EXERCISE MATERIALS below:

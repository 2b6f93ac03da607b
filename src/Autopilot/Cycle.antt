-- ===== src/Autopilot/Cycle.antt =====
-- `_tick_locked`, `_start_cycle` and `_finalize_cycle` of
-- backend/src/wandermind/application/autopilot_service.py.
use wander_mind.Prelude.{
  ℕ, ◌+◌, ◌^◌, Bool, true, false, not, Option, none, some, List, [], ◌∷◌, length, min, max, ◌==◌,
  leb, ltb, if◌then◌else◌,
}
use wander_mind.Float.{Float, FloatOps, f5_0, f300_0}
use wander_mind.Exec.{pure, raise, gets, ◌>>=◌, ◌>>◌}
use wander_mind.Models.Enums.{AutopilotStatus, SessionStatus}
use wander_mind.Models.Session.{WanderSession, StopReason}
use wander_mind.Models.Thought.{Wonder}
use wander_mind.Models.Campaign.{
  AutopilotCampaign, CampaignError, current_session_missing, insufficient_knowledge, session_failed,
}
use wander_mind.Autopilot.State.{
  Services, Pilot, AutopilotState, PlannedSeed, overflow_error, seed_row, submitted, ask, attempt,
  write, save,
}
use wander_mind.Autopilot.Promotion.{promote_wonders}

unfoldable pub is_active_campaign : AutopilotStatus → Bool
is_active_campaign AutopilotStatus.active = true
is_active_campaign _ = false

unfoldable pub is_open : SessionStatus → Bool
is_open SessionStatus.pending = true
is_open SessionStatus.running = true
is_open _ = false

unfoldable pub is_failed : SessionStatus → Bool
is_failed SessionStatus.failed = true
is_failed _ = false

-- The wonders of one session.
unfoldable pub session_wonders : ℕ → List Wonder → List Wonder
session_wonders session_id [] = []
session_wonders session_id (x ∷ xs) =
    let rest = session_wonders session_id xs in
    if x.session_id == session_id then x ∷ rest else rest

-- `2**failures * 5.0`: the conversion of the power to a float raises OverflowError from 2**1024 on.
unfoldable pub failure_delay : FloatOps → ℕ → Option Float
failure_delay ops failures =
    if leb 1024 failures then none else some (ops.times (ops.of_int (2 ^ failures)) f5_0)

abbrev capped : Float → Option Float → Option Float
capped delay none = none
capped delay (some backoff) = some (min f300_0 (max delay backoff))

-- The delay to the next cycle, or none for an OverflowError.
unfoldable pub next_delay : FloatOps → Float → Bool → ℕ → Option Float
unfolding failure_delay
next_delay ops delay false failures = some delay
next_delay ops delay true failures = capped delay (failure_delay ops failures)

unfoldable pub last_error_of : Bool → Option StopReason → Option CampaignError
last_error_of true (some reason) = some (session_failed reason)
last_error_of _ _ = none

-- What a cycle counted.
pub record Counts : Type 0 where
  pub candidates : ℕ
  pub wonders : ℕ
  pub calls : ℕ
  pub promoted : ℕ

unfoldable pub failures_after : Bool → AutopilotCampaign → ℕ
failures_after failed campaign = if failed then campaign.consecutive_failures + 1 else 0

-- The campaign after a cycle of `session`, with the delay that follows.
unfoldable pub completed_campaign :
    AutopilotCampaign → WanderSession → Counts → ℕ → ℕ → AutopilotCampaign
unfolding is_failed is_active_campaign last_error_of failures_after
completed_campaign campaign session n now next = record campaign {
  current_session_id = none;
  cycles_completed = campaign.cycles_completed + 1;
  total_candidates = campaign.total_candidates + n.candidates;
  total_wonders = campaign.total_wonders + n.wonders;
  total_runtime_calls = campaign.total_runtime_calls + n.calls;
  promoted_knowledge_count = campaign.promoted_knowledge_count + n.promoted;
  last_cycle_completed_at = some now;
  consecutive_failures = failures_after (is_failed session.status) campaign;
  last_error = last_error_of (is_failed session.status) session.trace.stop_reason;
  next_cycle_at = if is_active_campaign campaign.status then some next else none;
  metadata = record (campaign.metadata) {
    last_session_id = some session.id;
    last_stop_reason = session.trace.stop_reason;
    last_cycle_candidates = some n.candidates;
    last_cycle_wonders = some n.wonders;
    last_cycle_runtime_calls = some n.calls;
    last_cycle_promoted_knowledge = some n.promoted;
  };
}

unfoldable pub started_campaign : AutopilotCampaign → PlannedSeed → ℕ → ℕ → AutopilotCampaign
started_campaign campaign seed session_id now = record campaign {
  current_session_id = some session_id;
  cycles_started = campaign.cycles_started + 1;
  last_cycle_started_at = some now;
  next_cycle_at = none;
  last_error = none;
  metadata = record (campaign.metadata) {
    current_mode = some seed.mode;
    current_pair_key = some seed.pair_key;
  };
}

module _ (v : Services) where
  -- `_save(campaign)` with no time given.
  unfoldable pub save_now : AutopilotCampaign → Pilot (Unit {0})
  save_now campaign = do now ← ask v.utc_now; save now campaign

  unfoldable pub save_completed :
      AutopilotCampaign → WanderSession → Counts → ℕ → Option Float → Pilot (Unit {0})
  unfolding completed_campaign
  save_completed campaign session n now none = raise overflow_error
  save_completed campaign session n now (some delay) =
      save now (completed_campaign campaign session n now (v.after now delay))

  unfoldable pub finalize_cycle : AutopilotCampaign → WanderSession → Pilot (Unit {0})
  unfolding save_completed next_delay session_wonders
  finalize_cycle campaign session = do
    candidates ← ask (λ t. v.candidate_count t session.id)
    all_wonders ← ask v.list_wonders
    let wonders = session_wonders session.id all_wonders
    calls ← ask (λ t. v.runtime_calls t session.id)
    promoted ← promote_wonders v campaign.id wonders
    now ← ask v.utc_now
    save_completed campaign session
        (record {
          candidates = candidates;
          wonders = length wonders;
          calls = calls;
          promoted = promoted;
        })
        now
        (next_delay v.ops v.cycle_delay_seconds (is_failed session.status)
          (failures_after (is_failed session.status) campaign))

  unfoldable pub start_planned : AutopilotCampaign → Option PlannedSeed → Pilot (Unit {0})
  unfolding started_campaign save_now
  start_planned campaign none = do
    now ← ask v.utc_now
    save_now (record campaign {
      last_error = some insufficient_knowledge;
      next_cycle_at = some (v.after now (v.ops.of_int 60));
    })
  start_planned campaign (some seed) = do
    write (seed_row seed)
    session_id ← attempt (λ t. v.create_session t seed campaign.budget)
    write (submitted session_id)
    now ← ask v.utc_now
    save now (started_campaign campaign seed session_id now)

  unfoldable pub start_cycle : AutopilotCampaign → Pilot (Unit {0})
  unfolding start_planned
  start_cycle campaign = do plan ← ask (λ t. v.plan t campaign); start_planned campaign plan

  unfoldable pub resubmit : Bool → ℕ → Pilot (Unit {0})
  resubmit true session_id = pure tt
  resubmit false session_id = write (submitted session_id)

  unfoldable pub visit_session : AutopilotCampaign → Option WanderSession → Pilot (Unit {0})
  unfolding finalize_cycle save_now resubmit is_open
  visit_session campaign none = do
    now ← ask v.utc_now
    save_now (record campaign {
      current_session_id = none;
      last_error = some current_session_missing;
      next_cycle_at = some now;
    })
  visit_session campaign (some session) =
      if is_open session.status
      then (do active ← ask (λ t. v.is_active t session.id); resubmit active session.id)
      else finalize_cycle campaign session

  unfoldable pub is_due : Option ℕ → ℕ → Bool
  is_due none now = true
  is_due (some at) now = not (ltb now at)

  -- The clock is read only for a cycle that is planned.
  unfoldable pub start_if_due : AutopilotCampaign → Option ℕ → Pilot (Unit {0})
  unfolding start_cycle is_due
  start_if_due campaign none = start_cycle campaign
  start_if_due campaign (some at) = do
    now ← ask v.utc_now
    if is_due (some at) now then start_cycle campaign else pure tt

  unfoldable pub advance : AutopilotCampaign → Option ℕ → Pilot (Unit {0})
  unfolding visit_session start_if_due
  advance campaign (some session_id) = do
    session ← ask (λ t. v.get_session t session_id)
    visit_session campaign session
  advance campaign none = start_if_due campaign campaign.next_cycle_at

  unfoldable pub tick_campaign : Option AutopilotCampaign → Pilot (Unit {0})
  unfolding advance is_active_campaign
  tick_campaign none = pure tt
  tick_campaign (some campaign) =
      if is_active_campaign campaign.status
      then advance campaign campaign.current_session_id
      else pure tt

  -- `_tick_locked`
  unfoldable pub tick_locked : Pilot (Unit {0})
  unfolding tick_campaign
  tick_locked = do s ← gets (λ (s : AutopilotState). s); tick_campaign s.campaign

End of EXERCISE MATERIALS.

[WHAT IS NEEDED] What do the lines above say from the one containing "-- The delay" down to the one containing "unfoldable pub last_error_of"? Return them exactly, both end lines included, and only them.

[COMPLETED EXERCISE]
-- The delay to the next cycle, or none for an OverflowError.
unfoldable pub next_delay : FloatOps → Float → Bool → ℕ → Option Float
unfolding failure_delay
next_delay ops delay false failures = some delay
next_delay ops delay true failures = capped delay (failure_delay ops failures)

unfoldable pub last_error_of : Bool → Option StopReason → Option CampaignError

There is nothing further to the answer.